Monday, October 4, 2010

Ecology for Innovation: Knowledge Management for Architecture


The Architecture, Engineering, and Construction (AEC) Industry is a well known latecomer in reaping the benefits of Information Technology. As design professionals, architects should be in the front line of innovation and creativity. Often used interchangeably, their fundamental difference should be made clear. Creativity coupled with implementation will produce innovations. Only then will the benefits of creativity be reaped. New media technologies are flooding us with information. Ironically, we are drowning with information but lacking in knowledge. O’Dell and Grayson defined knowledge as information in action. The management guru, Peter F. Drucker, believed that knowledge is information that changes something or somebody, either by becoming grounds for action, or by making an individual (or an institution) capable of different or more effective action. Information is knowing what, while knowledge is knowing how. According to the 2001 World Development Report, the global economy has become a service economy, thus, making it more knowledge intensive. This is the new arena that architects have to compete in. The traditional notion of economy as land, labor, capital is no longer applicable. We must gear up or be left out in the process. A collective response will benefit not only the UAP as our organization but the entire profession.

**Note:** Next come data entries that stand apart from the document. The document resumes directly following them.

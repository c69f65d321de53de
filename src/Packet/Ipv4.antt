-- ===== src/Packet/Ipv4.antt =====
-- PacketParser/Ipv4: the IPv4 header and its options.
pub mod Bounds
pub mod Wire
use timing_proxy.Base.{
  ℕ, ◌*◌, ◌/◌, ◌%◌, not, List, [], Outcome, ok, terminate, invalid_argument, ◌>>=◌, ◌>>◌, throw_if,
  terminate_if, or_throw, ltb, ◌==◌, if◌then◌else◌,
}
use timing_proxy.Packet.Memory.{
  Memory, Pointer, advance, sub_size, load8, load16, load_bytes, ntohs,
}
use timing_proxy.Packet.Types.{
  Layer, ipv4, same_layer, PacketParser, new_packet_parser, get_payload, get_payload_size,
  Artefacts, Decoded, strncpy, Inet,
}
use timing_proxy.Packet.Tcp
use timing_proxy.Packet.Udp

abbrev pub min_header_len : ℕ
min_header_len = 20

abbrev pub inet_addrstrlen : ℕ
inet_addrstrlen = 16

-- `enum IpProto`: a cast keeps any value of the header's byte.
abbrev pub proto_tcp : ℕ
proto_tcp = 0x6

abbrev pub proto_udp : ℕ
proto_udp = 0x11

abbrev pub proto_other : ℕ
proto_other = 0x12

pub record Ipv4Parser : Type 0 where
  pub base : PacketParser
  pub header_length : ℕ
  pub proto : ℕ
  pub addr_src : List ℕ
  pub addr_dst : List ℕ

abbrev pub new_ipv4_parser : Ipv4Parser
new_ipv4_parser = record {
  base = new_packet_parser;
  header_length = 20;
  proto = proto_other;
  addr_src = [];
  addr_dst = [];
}

module _ (inet : Inet) where
  -- The offsets are those of the fields of `struct ipv4_header`.
  unfoldable pub parse_header : Memory → Ipv4Parser → Pointer → ℕ → Outcome Ipv4Parser
  parse_header m this packet size = do
    throw_if (ltb size min_header_len) (invalid_argument "Ipv4 packet must be at least 20 bytes")
    ip_vhl ← load8 m packet 0
    terminate_if (not (ip_vhl / 16 == 4))
    let header_length = ip_vhl % 16 * 4
    ip_len ← load16 m packet 2
    ip_p ← load8 m packet 9
    ip_src ← load_bytes m packet 12 4
    addr_src ←
        or_throw (inet.ntop4 ip_src) (invalid_argument "Packet has invalid ipv4 source address")
    ip_dst ← load_bytes m packet 16 4
    addr_dst ←
        or_throw (inet.ntop4 ip_dst)
          (invalid_argument "Packet has invalid ipv4 destination address")
    ok (record {
      base = record {
        packet = packet;
        payload = advance packet header_length;
        packet_size = size;
        payload_size = sub_size (ntohs ip_len) header_length;
      };
      header_length = header_length;
      proto = ip_p;
      addr_src = addr_src;
      addr_dst = addr_dst;
    })

  unfoldable pub decode_until : Layer → Memory → Pointer → ℕ → Artefacts → Outcome Decoded
  unfolding get_payload get_payload_size
  decode_until layer m packet size artefacts = do
    parser ← parse_header m new_ipv4_parser packet size
    let payload = get_payload parser.base
    let payload_size = get_payload_size parser.base
    let artefacts' = record artefacts {
      ip_type = ipv4;
      src_ip = strncpy inet_addrstrlen parser.addr_src;
      dst_ip = strncpy inet_addrstrlen parser.addr_dst;
    }
    if same_layer layer ipv4
        then ok (record { payload = payload; payload_size = payload_size; artefacts = artefacts' })
        else if parser.proto == proto_tcp
        then Tcp.decode_until layer m payload payload_size artefacts'
        else if parser.proto == proto_udp
        then Udp.decode_until layer m payload payload_size artefacts'
        else terminate
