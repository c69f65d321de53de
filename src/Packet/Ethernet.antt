-- ===== src/Packet/Ethernet.antt =====
-- PacketParser/Ethernet, and the entry point `PacketParser::decodeUntil`.
pub mod Bounds
pub mod Wire
pub mod Wire6
use timing_proxy.Base.{
  ℕ, none, Outcome, ok, terminate, invalid_argument, ◌>>=◌, ◌>>◌, throw_if, ltb, ◌==◌,
  if◌then◌else◌,
}
use timing_proxy.Packet.Memory.{Memory, Pointer, advance, sub_size, load16, ntohs}
use timing_proxy.Packet.Types.{
  Layer, ethernet, same_layer, PacketParser, new_packet_parser, get_payload, get_payload_size,
  Artefacts, Decoded, Inet,
}
use timing_proxy.Packet.Ipv4
use timing_proxy.Packet.Ipv6

abbrev pub header_size : ℕ
header_size = 14

-- `enum EtherType`: a cast keeps any value of the header's field.
abbrev pub ether_type_ipv4 : ℕ
ether_type_ipv4 = 0x0800

abbrev pub ether_type_ipv6 : ℕ
ether_type_ipv6 = 0x86dd

abbrev pub ether_type_other : ℕ
ether_type_other = 0x0

pub record EthernetParser : Type 0 where
  pub base : PacketParser
  pub dhost_addr : Pointer
  pub shost_addr : Pointer
  pub type : ℕ

abbrev pub new_ethernet_parser : EthernetParser
new_ethernet_parser = record {
  base = new_packet_parser;
  dhost_addr = none;
  shost_addr = none;
  type = ether_type_other;
}

-- The offsets are those of the fields of `struct ethernet_header`.
unfoldable pub parse_header : Memory → EthernetParser → Pointer → ℕ → Outcome EthernetParser
parse_header m this packet size = do
  throw_if (ltb size header_size) (invalid_argument "Packet size too small for header")
  ether_type ← load16 m packet 12
  ok (record {
    base = record {
      packet = packet;
      payload = advance packet header_size;
      packet_size = size;
      payload_size = sub_size size header_size;
    };
    dhost_addr = advance packet 0;
    shost_addr = advance packet 6;
    type = ntohs ether_type;
  })

module _ (inet : Inet) where
  unfoldable pub decode_until : Layer → Memory → Pointer → ℕ → Artefacts → Outcome Decoded
  unfolding get_payload get_payload_size
  decode_until layer m packet size artefacts = do
    parser ← parse_header m new_ethernet_parser packet size
    let payload = get_payload parser.base
    let payload_size = get_payload_size parser.base
    if same_layer layer ethernet
        then ok (record { payload = payload; payload_size = payload_size; artefacts = artefacts })
        else if parser.type == ether_type_ipv4
        then Ipv4.decode_until inet layer m payload payload_size artefacts
        else if parser.type == ether_type_ipv6
        then Ipv6.decode_until inet layer m payload payload_size artefacts
        else terminate

  -- `PacketParser::decodeUntil`
  unfoldable pub decode_packet : Layer → Memory → Pointer → ℕ → Artefacts → Outcome Decoded
  decode_packet = decode_until
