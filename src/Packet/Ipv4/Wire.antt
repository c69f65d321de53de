-- ===== src/Packet/Ipv4/Wire.antt =====
-- The IPv4 parser reads back a printed header, options included.
use timing_proxy.Base.{
  ℕ, ◌+◌, ◌*◌, ◌/◌, ◌%◌, ◌<◌, ◌≤◌, ◌≡◌, refl, false, ltb, some, List, ◌++◌, take, arith, ok,
}
use timing_proxy.Packet.Memory.{Memory, sub_size}
use timing_proxy.Packet.Memory.Holds.{
  Holds, Holds-left, Holds-right, load8-Holds, load16-Holds, load_bytes-Holds, ntohs-swapped,
}
use timing_proxy.Packet.Types.{ipv4, tcp, udp, Artefacts, Inet, strncpy}
use timing_proxy.Packet.Tcp
use timing_proxy.Packet.Udp
use timing_proxy.Packet.Ipv4.{Ipv4Parser, parse_header, decode_until, new_ipv4_parser}
use timing_proxy.Packet.Wire.{Ipv4Header, IsIpv4Header, print_ipv4, print_address4}

-- What the parser holds after a header.
abbrev parsed : Ipv4Header → List ℕ → List ℕ → ℕ → ℕ → Ipv4Parser
parsed h src dst q size = record {
  base = record {
    packet = some q;
    payload = some (q + h.ihl * 4);
    packet_size = size;
    payload_size = sub_size h.total_length (h.ihl * 4);
  };
  header_length = h.ihl * 4;
  proto = h.protocol;
  addr_src = src;
  addr_dst = dst;
}

version_nibble : (n : ℕ) → n < 16 → (4 * 16 + n) / 16 ≡ 4
version_nibble n h = omega arith

length_nibble : (n : ℕ) → n < 16 → (4 * 16 + n) % 16 * 4 ≡ n * 4
length_nibble n h = omega arith

-- The addresses as the source writes them to its artefacts.
abbrev pub addressed : List ℕ → List ℕ → Artefacts → Artefacts
addressed src dst a = record a { ip_type = ipv4; src_ip = strncpy 16 src; dst_ip = strncpy 16 dst }

module _ (inet : Inet) (m : Memory) (q size : ℕ) (h : Ipv4Header) (good : IsIpv4Header h)
    (held : Holds m q (print_ipv4 h)) (big : 20 ≤ size) (src dst : List ℕ)
    (src_ok : inet.ntop4 (print_address4 h.src) ≡ some src)
    (dst_ok : inet.ntop4 (print_address4 h.dst) ≡ some dst) where
  held_src : Holds m (q + 12) (print_address4 h.src)
  held_src = Holds-left m (q + 12) (print_address4 h.src) (print_address4 h.dst ++ h.options) (
      Holds-right m q (take 12 (print_ipv4 h))
        (print_address4 h.src ++ print_address4 h.dst ++ h.options) held)

  held_dst : Holds m (q + 16) (print_address4 h.dst)
  held_dst =
      Holds-left m (q + 16) (print_address4 h.dst) h.options
        (Holds-right m q (take 16 (print_ipv4 h)) (print_address4 h.dst ++ h.options) held)

  parse_header-print :
      (this : Ipv4Parser) → parse_header inet m this (some q) size ≡ ok (parsed h src dst q size)
  unfolding parse_header
  parse_header-print this =
      let size_ok : ltb size 20 ≡ false = ground arith in
      rw (
        size_ok,
        load8-Holds m q (print_ipv4 h) held 0 (4 * 16 + h.ihl) refl,
        version_nibble h.ihl good.ihl,
        load16-Holds m q (print_ipv4 h) held 2 h.total_length refl refl,
        load8-Holds m q (print_ipv4 h) held 9 h.protocol refl,
        load_bytes-Holds m q 12 (print_address4 h.src) held_src,
        src_ok,
        load_bytes-Holds m q 16 (print_address4 h.dst) held_dst,
        dst_ok,
        ntohs-swapped h.total_length good.total_length,
        length_nibble h.ihl good.ihl,
      )

  pub decode_until-tcp :
      (a : Artefacts)
      → h.protocol ≡ 6
      → decode_until inet tcp m (some q) size a
        ≡ Tcp.decode_until tcp m
            (some (q + h.ihl * 4))
            (sub_size h.total_length (h.ihl * 4))
            (addressed src dst a)
  unfolding decode_until
  decode_until-tcp a e = rw (parse_header-print new_ipv4_parser, e)

  pub decode_until-udp :
      (a : Artefacts)
      → h.protocol ≡ 17
      → decode_until inet udp m (some q) size a
        ≡ Udp.decode_until udp m
            (some (q + h.ihl * 4))
            (sub_size h.total_length (h.ihl * 4))
            (addressed src dst a)
  unfolding decode_until
  decode_until-udp a e = rw (parse_header-print new_ipv4_parser, e)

As media architects, we should aim to turn the future into an asset. We should do it rapidly, systematically, boldly, and openly. What we need is an innovative tool called future center. A future center is a facilitated organizational space dedicated to support an organization in its efforts to prepare systematically for the future and address it in a proactive way. Future centers nourish radical open innovation and complement other functions of the organization. The center provide the methodology, facilitation, expertise for identification, analysis of (very) long term threats, trends and opportunities which may be called "a future image". Off hand, the borderless practice of architecture initiated by the PRC through the BOA seemingly poses a threat to us as design professionals. But we have to weigh the threat against the benefits of open collaboration and knowledge transfers. In due time, the UAP will be a better learning organization.